**Directions:** The response must be a precise copy of the records that follow.

Source data
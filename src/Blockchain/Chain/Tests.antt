-- ===== src/Blockchain/Chain/Tests.antt =====
-- The theorems on commits: of a chain with the blocks of the views 1 and 2, the first is committed,
-- and then the second.
use bamboo.Prelude.{◌+◌, ◌<◌, ◌≡◌, ◌≢◌, refl, some, [], ◌∷◌, All, arith}
use bamboo.Outcome.{ok, fault, out_of_fuel}
use bamboo.Types.{Block}
use bamboo.Blockchain.Forest.{new_forest, add_vertex, get_vertex}
use bamboo.Blockchain.Forest.Invariant as Forest
use bamboo.Blockchain.Forest.Levels.{IsLevelled}
use bamboo.Blockchain.Forest.Prune.{
  prune_up_to_level, mark_committed, mark_round, first_at, parent_vertex, sweep, finish,
}
use bamboo.Blockchain.Chain.Levelled.{commit_block-IsLevelled}
use bamboo.Blockchain.Quorum.Votes.{new_quorum-IsValid}
use bamboo.Blockchain.Chain.{
  BlockChain, new_blockchain, walk, finish_commit, prune_after_walk, commit_vertex, commit_block,
  commit_one,
}
use bamboo.Blockchain.Chain.Commit.{Falling}
use bamboo.Blockchain.Chain.Once.{
  Committed, commit_block-Committed, commit_block_ends, commit_block_once, IsHead,
}
use bamboo.Blockchain.Chain.Validity.{IsValid, Follows, commit_block-Follows}
use bamboo.Blockchain.Samples.{
  block_1, block_2, forest_1, forest_2, forest_2-IsValid, forest_2-IsLevelled, forest_2-block_2,
}

abbrev chain_0 : BlockChain
chain_0 = record (new_blockchain 4) { forrest = forest_2 }

chain_0-IsValid : IsValid 1 chain_0
unfolding new_blockchain
chain_0-IsValid = record { forrest = forest_2-IsValid; quorum = new_quorum-IsValid 1 4 }

chain_1 : BlockChain
chain_1 = (commit_block 3 11 3 chain_0).1

chain_2 : BlockChain
chain_2 = (commit_block 3 12 4 chain_1).1

committed_1 : commit_block 3 11 3 chain_0 ≡ (ok (block_1 ∷ [], []), chain_1)
unfolding commit_block commit_vertex prune_after_walk walk commit_one finish_commit
    prune_up_to_level mark_committed mark_round first_at parent_vertex sweep finish forest_1
    forest_2 new_forest add_vertex get_vertex new_blockchain chain_1
committed_1 = refl

committed_2 : commit_block 3 12 4 chain_1 ≡ (ok (block_2 ∷ [], []), chain_2)
unfolding commit_block commit_vertex prune_after_walk walk commit_one finish_commit
    prune_up_to_level mark_committed mark_round first_at parent_vertex sweep finish forest_1
    forest_2 new_forest add_vertex get_vertex new_blockchain chain_1 chain_2
committed_2 = refl

commit_block-Committed_example :
    (b : Block) × (get_vertex chain_0.forrest 11 ≡ some b)
    × Committed chain_0 b (block_1 ∷ []) chain_1
commit_block-Committed_example =
    commit_block-Committed 3 11 3 chain_0 chain_1 (block_1 ∷ []) [] forest_2-IsValid committed_1

chain_1_sound : Forest.IsValid chain_1.forrest × IsLevelled chain_1.forrest
chain_1_sound =
    commit_block-IsLevelled 3 11 3 chain_0 chain_1 (block_1 ∷ []) [] forest_2-IsValid
      forest_2-IsLevelled committed_1

commit_block_ends_example : (commit_block 3 12 4 chain_0).0 ≢ fault out_of_fuel
commit_block_ends_example =
    commit_block_ends 3 12 4 chain_0 block_2 forest_2-IsValid forest_2-IsLevelled forest_2-block_2
      (omega arith)

commit_block_once_example :
    (b : Block) × (get_vertex chain_0.forrest 11 ≡ some b)
    × IsHead chain_0.forrest.lowest_level b (block_1 ∷ [])
    × Falling chain_0.forrest.lowest_level (b.view + 1) (block_1 ∷ [])
    × All (λ (c : Block). b.view < c.view) (block_2 ∷ [])
commit_block_once_example =
    commit_block_once 3 3 11 12 3 4 chain_0 chain_1 chain_1 chain_2 (block_1 ∷ []) (block_2 ∷ []) []
      [] forest_2-IsValid forest_2-IsLevelled chain_1_sound.0 chain_1_sound.1 committed_1
      (omega arith) committed_2

commit_block-Follows_example : Follows 1 chain_0 chain_1
unfolding chain_1
commit_block-Follows_example = commit_block-Follows 1 3 11 3 chain_0 chain_0-IsValid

**Solved exercise:**
filename src/Blockchain/Chain/Tests.antt
-- ===== src/Blockchain/Chain/Tests.antt =====
-- The theorems on commits: of a chain with the blocks of the views 1 and 2, the first is committed,
-- and then the second.
use bamboo.Prelude.{◌+◌, ◌<◌, ◌≡◌, ◌≢◌, refl, some, [], ◌∷◌, All, arith}
use bamboo.Outcome.{ok, fault, out_of_fuel}
use bamboo.Types.{Block}
use bamboo.Blockchain.Forest.{new_forest, add_vertex, get_vertex}
use bamboo.Blockchain.Forest.Invariant as Forest
use bamboo.Blockchain.Forest.Levels.{IsLevelled}
use bamboo.Blockchain.Forest.Prune.{
  prune_up_to_level, mark_committed, mark_round, first_at, parent_vertex, sweep, finish,
}
use bamboo.Blockchain.Chain.Levelled.{commit_block-IsLevelled}
use bamboo.Blockchain.Quorum.Votes.{new_quorum-IsValid}
use bamboo.Blockchain.Chain.{
  BlockChain, new_blockchain, walk, finish_commit, prune_after_walk, commit_vertex, commit_block,
  commit_one,
}
use bamboo.Blockchain.Chain.Commit.{Falling}
use bamboo.Blockchain.Chain.Once.{
  Committed, commit_block-Committed, commit_block_ends, commit_block_once, IsHead,
}
use bamboo.Blockchain.Chain.Validity.{IsValid, Follows, commit_block-Follows}
use bamboo.Blockchain.Samples.{
  block_1, block_2, forest_1, forest_2, forest_2-IsValid, forest_2-IsLevelled, forest_2-block_2,
}

abbrev chain_0 : BlockChain
chain_0 = record (new_blockchain 4) { forrest = forest_2 }

chain_0-IsValid : IsValid 1 chain_0
unfolding new_blockchain
chain_0-IsValid = record { forrest = forest_2-IsValid; quorum = new_quorum-IsValid 1 4 }

chain_1 : BlockChain
chain_1 = (commit_block 3 11 3 chain_0).1

chain_2 : BlockChain
chain_2 = (commit_block 3 12 4 chain_1).1

committed_1 : commit_block 3 11 3 chain_0 ≡ (ok (block_1 ∷ [], []), chain_1)
unfolding commit_block commit_vertex prune_after_walk walk commit_one finish_commit
    prune_up_to_level mark_committed mark_round first_at parent_vertex sweep finish forest_1
    forest_2 new_forest add_vertex get_vertex new_blockchain chain_1
committed_1 = refl

committed_2 : commit_block 3 12 4 chain_1 ≡ (ok (block_2 ∷ [], []), chain_2)
unfolding commit_block commit_vertex prune_after_walk walk commit_one finish_commit
    prune_up_to_level mark_committed mark_round first_at parent_vertex sweep finish forest_1
    forest_2 new_forest add_vertex get_vertex new_blockchain chain_1 chain_2
committed_2 = refl

commit_block-Committed_example :
    (b : Block) × (get_vertex chain_0.forrest 11 ≡ some b)
    × Committed chain_0 b (block_1 ∷ []) chain_1
commit_block-Committed_example =
    commit_block-Committed 3 11 3 chain_0 chain_1 (block_1 ∷ []) [] forest_2-IsValid committed_1

chain_1_sound : Forest.IsValid chain_1.forrest × IsLevelled chain_1.forrest
chain_1_sound =
    commit_block-IsLevelled 3 11 3 chain_0 chain_1 (block_1 ∷ []) [] forest_2-IsValid
      forest_2-IsLevelled committed_1

commit_block_ends_example : (commit_block 3 12 4 chain_0).0 ≢ fault out_of_fuel
commit_block_ends_example =
    commit_block_ends 3 12 4 chain_0 block_2 forest_2-IsValid forest_2-IsLevelled forest_2-block_2
      (omega arith)

commit_block_once_example :
    (b : Block) × (get_vertex chain_0.forrest 11 ≡ some b)
    × IsHead chain_0.forrest.lowest_level b (block_1 ∷ [])
    × Falling chain_0.forrest.lowest_level (b.view + 1) (block_1 ∷ [])
    × All (λ (c : Block). b.view < c.view) (block_2 ∷ [])
commit_block_once_example =
    commit_block_once 3 3 11 12 3 4 chain_0 chain_1 chain_1 chain_2 (block_1 ∷ []) (block_2 ∷ []) []
      [] forest_2-IsValid forest_2-IsLevelled chain_1_sound.0 chain_1_sound.1 committed_1
      (omega arith) committed_2

commit_block-Follows_example : Follows 1 chain_0 chain_1
unfolding chain_1
commit_block-Follows_example = commit_block-Follows 1 3 11 3 chain_0 chain_0-IsValid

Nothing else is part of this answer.